[Source data]
__________

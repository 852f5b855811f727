-- ===== src/OrderedDict/Bounded.antt =====
-- The two idioms by which the stores keep an `OrderedDict` bounded, least recently used first:
-- write, move to the end and evict; and touch an entry, or create it and evict.
use cortex_cognitive_runtime.Prelude.{
  ℕ, ◌+◌, ◌≤◌, ◌<◌, ◌≡◌, ◌≢◌, none, some, [], ◌∷◌, ◌++◌, arith, length, ltb, if◌then◌else◌,
  Option-cases, inl, inr,
}
use cortex_cognitive_runtime.OrderedDict.{OrderedDict, get, set, move_to_end, pop_oldest}
use cortex_cognitive_runtime.OrderedDict.Laws.{
  IsDistinct, get-set_ne, get-move_to_end, set-IsDistinct, move_to_end-IsDistinct,
  pop_oldest-IsDistinct, length-set_new, length-set_old, length-move_to_end, length-pop_oldest,
  get-pop_oldest, set_new, move_to_end-set, get-append_new, get-delete_self,
}

module _ {ℓ} {K V : Type ℓ} where
  -- `if len(d) > bound: d.popitem(last=False)`
  unfoldable pub evict : ℕ → OrderedDict K V → OrderedDict K V
  evict bound d = if ltb bound (length d) then pop_oldest d else d

  pub length-evict :
      (bound : ℕ) (d : OrderedDict K V) → length d ≤ bound + 1 → length (evict bound d) ≤ bound
  unfolding evict
  length-evict bound d h = ground (arith, length-pop_oldest d)

  module _ (dec : Discrete K) where
    -- `d[k] = v; d.move_to_end(k); if len(d) > bound: d.popitem(last=False)`
    unfoldable pub put : ℕ → K → V → OrderedDict K V → OrderedDict K V
    put bound k v d = evict bound (move_to_end dec k (set dec k v d))

    -- `if k in d: d.move_to_end(k); return d[k]` and else `d[k] = fresh; if len(d) > bound: ...`
    unfoldable pub touch_or_create : ℕ → K → V → OrderedDict K V → OrderedDict K V
    touch_or_create bound k fresh d = elim (get dec k d) [
      | some v ↦ move_to_end dec k d
      | none ↦ evict bound (set dec k fresh d)
    ]

    -- The value that the idiom above returns.
    unfoldable pub found_or : K → V → OrderedDict K V → V
    found_or k fresh d = elim (get dec k d) [ some v ↦ v | none ↦ fresh ]

    pub evict-IsDistinct :
        (bound : ℕ) (d : OrderedDict K V) → IsDistinct dec d → IsDistinct dec (evict bound d)
    unfolding evict
    evict-IsDistinct bound d h = ground (arith, pop_oldest-IsDistinct dec d h)

    pub get-evict :
        (bound : ℕ) (k : K) (v : V) (d : OrderedDict K V)
        → IsDistinct dec d
        → get dec k (evict bound d) ≡ some v
        → get dec k d ≡ some v
    unfolding evict
    get-evict bound k v d h e = ground (arith, get-pop_oldest dec k d {v = v} h)

    pub put-IsDistinct :
        (bound : ℕ) (k : K) (v : V) (d : OrderedDict K V)
        → IsDistinct dec d
        → IsDistinct dec (put bound k v d)
    unfolding put
    put-IsDistinct bound k v d h =
        evict-IsDistinct bound _ (move_to_end-IsDistinct dec k _ (set-IsDistinct dec k v d h))

    pub touch_or_create-IsDistinct :
        (bound : ℕ) (k : K) (v : V) (d : OrderedDict K V)
        → IsDistinct dec d
        → IsDistinct dec (touch_or_create bound k v d)
    unfolding touch_or_create
    touch_or_create-IsDistinct bound k v d h = elim (Option-cases (get dec k d)) [
      | inl e ↦ rw (e, touch_or_create) (evict-IsDistinct bound _ (set-IsDistinct dec k v d h))
      | inr (w, e) ↦ rw (e, touch_or_create) (move_to_end-IsDistinct dec k d h)
    ]

    length-set-le : (k : K) (v : V) (d : OrderedDict K V) → length (set dec k v d) ≤ length d + 1
    length-set-le k v d = elim (Option-cases (get dec k d)) [
      | inl e ↦ omega (arith, length-set_new dec k v d e)
      | inr (w, e) ↦ omega (arith, length-set_old dec k v w d e)
    ]

    -- Neither idiom lets the dictionary grow past its bound.
    pub length-put :
        (bound : ℕ) (k : K) (v : V) (d : OrderedDict K V)
        → length d ≤ bound
        → length (put bound k v d) ≤ bound
    unfolding put
    length-put bound k v d h =
        length-evict bound _
          (omega (arith, length-move_to_end dec k (set dec k v d), length-set-le k v d))

    pub length-touch_or_create :
        (bound : ℕ) (k : K) (v : V) (d : OrderedDict K V)
        → length d ≤ bound
        → length (touch_or_create bound k v d) ≤ bound
    unfolding touch_or_create
    length-touch_or_create bound k v d h = elim (Option-cases (get dec k d)) [
      | inl e ↦ rw (e, touch_or_create) (length-evict bound _ (omega (arith, length-set-le k v d)))
      | inr (w, e) ↦ rw (e, touch_or_create) (omega (arith, length-move_to_end dec k d))
    ]

    get-evict_last :
        (bound : ℕ) (k : K) (v : V) (d : OrderedDict K V)
        → 0 < bound
        → get dec k d ≡ none
        → get dec k (evict bound (d ++ (k, v) ∷ [])) ≡ some v
    unfolding evict pop_oldest get
    get-evict_last bound k v [] c e = ground arith
    get-evict_last bound k v (x ∷ d) c e =
        ground (arith, get-append_new dec k v d, get-append_new dec k v (x ∷ d))

    -- The entry just written is the last one to be evicted.
    pub get-put_self :
        (bound : ℕ) (k : K) (v : V) (d : OrderedDict K V)
        → 0 < bound
        → IsDistinct dec d
        → get dec k (put bound k v d) ≡ some v
    unfolding put
    get-put_self bound k v d c h = rw (move_to_end-set dec k v d) (
        get-evict_last bound k v _ c
          (get-delete_self dec k (set dec k v d) (set-IsDistinct dec k v d h)))

    -- After the second idiom the entry is there, with the value that the idiom returns.
    pub get-touch_or_create_self :
        (bound : ℕ) (k : K) (v : V) (d : OrderedDict K V)
        → 0 < bound
        → IsDistinct dec d
        → get dec k (touch_or_create bound k v d) ≡ some (found_or k v d)
    unfolding touch_or_create found_or
    get-touch_or_create_self bound k v d c h = elim (Option-cases (get dec k d)) [
      | inl e ↦
          rw (e, touch_or_create, found_or)
            (rw (set_new dec k v d e) (get-evict_last bound k v d c e))
      | inr (w, e) ↦ rw (e, touch_or_create, found_or) (rw (get-move_to_end dec k k d h) e)
    ]

    -- It invents no other entry and changes none.
    pub get-touch_or_create_ne :
        (bound : ℕ) (k j : K) (v w : V) (d : OrderedDict K V)
        → IsDistinct dec d
        → j ≢ k
        → get dec j (touch_or_create bound k v d) ≡ some w
        → get dec j d ≡ some w
    unfolding touch_or_create
    get-touch_or_create_ne bound k j v w d h n e = ground (
      arith,
      get-evict bound j w (set dec k v d),
      set-IsDistinct dec k v d,
      get-move_to_end dec k j d,
      get-set_ne dec k j v d,
    )

    -- Any other entry keeps its value, unless it is the one that was evicted.
    pub get-put_ne :
        (bound : ℕ) (k j : K) (v w : V) (d : OrderedDict K V)
        → IsDistinct dec d
        → j ≢ k
        → get dec j (put bound k v d) ≡ some w
        → get dec j d ≡ some w
    unfolding put
    get-put_ne bound k j v w d h n e = ground (
      arith,
      get-evict bound j w (move_to_end dec k (set dec k v d)),
      move_to_end-IsDistinct dec k (set dec k v d),
      set-IsDistinct dec k v d,
      get-move_to_end dec k j (set dec k v d),
      get-set_ne dec k j v d,
    )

__________

* What the task asks *
The reply should consist solely of the lines of the data, exact, from the opening line through the line with "in d: d.move_to_end(k);", inclusive.

* Result *
repository 852f5b855811f727
-- ===== src/OrderedDict/Bounded.antt =====
-- The two idioms by which the stores keep an `OrderedDict` bounded, least recently used first:
-- write, move to the end and evict; and touch an entry, or create it and evict.
use cortex_cognitive_runtime.Prelude.{
  ℕ, ◌+◌, ◌≤◌, ◌<◌, ◌≡◌, ◌≢◌, none, some, [], ◌∷◌, ◌++◌, arith, length, ltb, if◌then◌else◌,
  Option-cases, inl, inr,
}
use cortex_cognitive_runtime.OrderedDict.{OrderedDict, get, set, move_to_end, pop_oldest}
use cortex_cognitive_runtime.OrderedDict.Laws.{
  IsDistinct, get-set_ne, get-move_to_end, set-IsDistinct, move_to_end-IsDistinct,
  pop_oldest-IsDistinct, length-set_new, length-set_old, length-move_to_end, length-pop_oldest,
  get-pop_oldest, set_new, move_to_end-set, get-append_new, get-delete_self,
}

module _ {ℓ} {K V : Type ℓ} where
  -- `if len(d) > bound: d.popitem(last=False)`
  unfoldable pub evict : ℕ → OrderedDict K V → OrderedDict K V
  evict bound d = if ltb bound (length d) then pop_oldest d else d

  pub length-evict :
      (bound : ℕ) (d : OrderedDict K V) → length d ≤ bound + 1 → length (evict bound d) ≤ bound
  unfolding evict
  length-evict bound d h = ground (arith, length-pop_oldest d)

  module _ (dec : Discrete K) where
    -- `d[k] = v; d.move_to_end(k); if len(d) > bound: d.popitem(last=False)`
    unfoldable pub put : ℕ → K → V → OrderedDict K V → OrderedDict K V
    put bound k v d = evict bound (move_to_end dec k (set dec k v d))

    -- `if k in d: d.move_to_end(k); return d[k]` and else `d[k] = fresh; if len(d) > bound: ...`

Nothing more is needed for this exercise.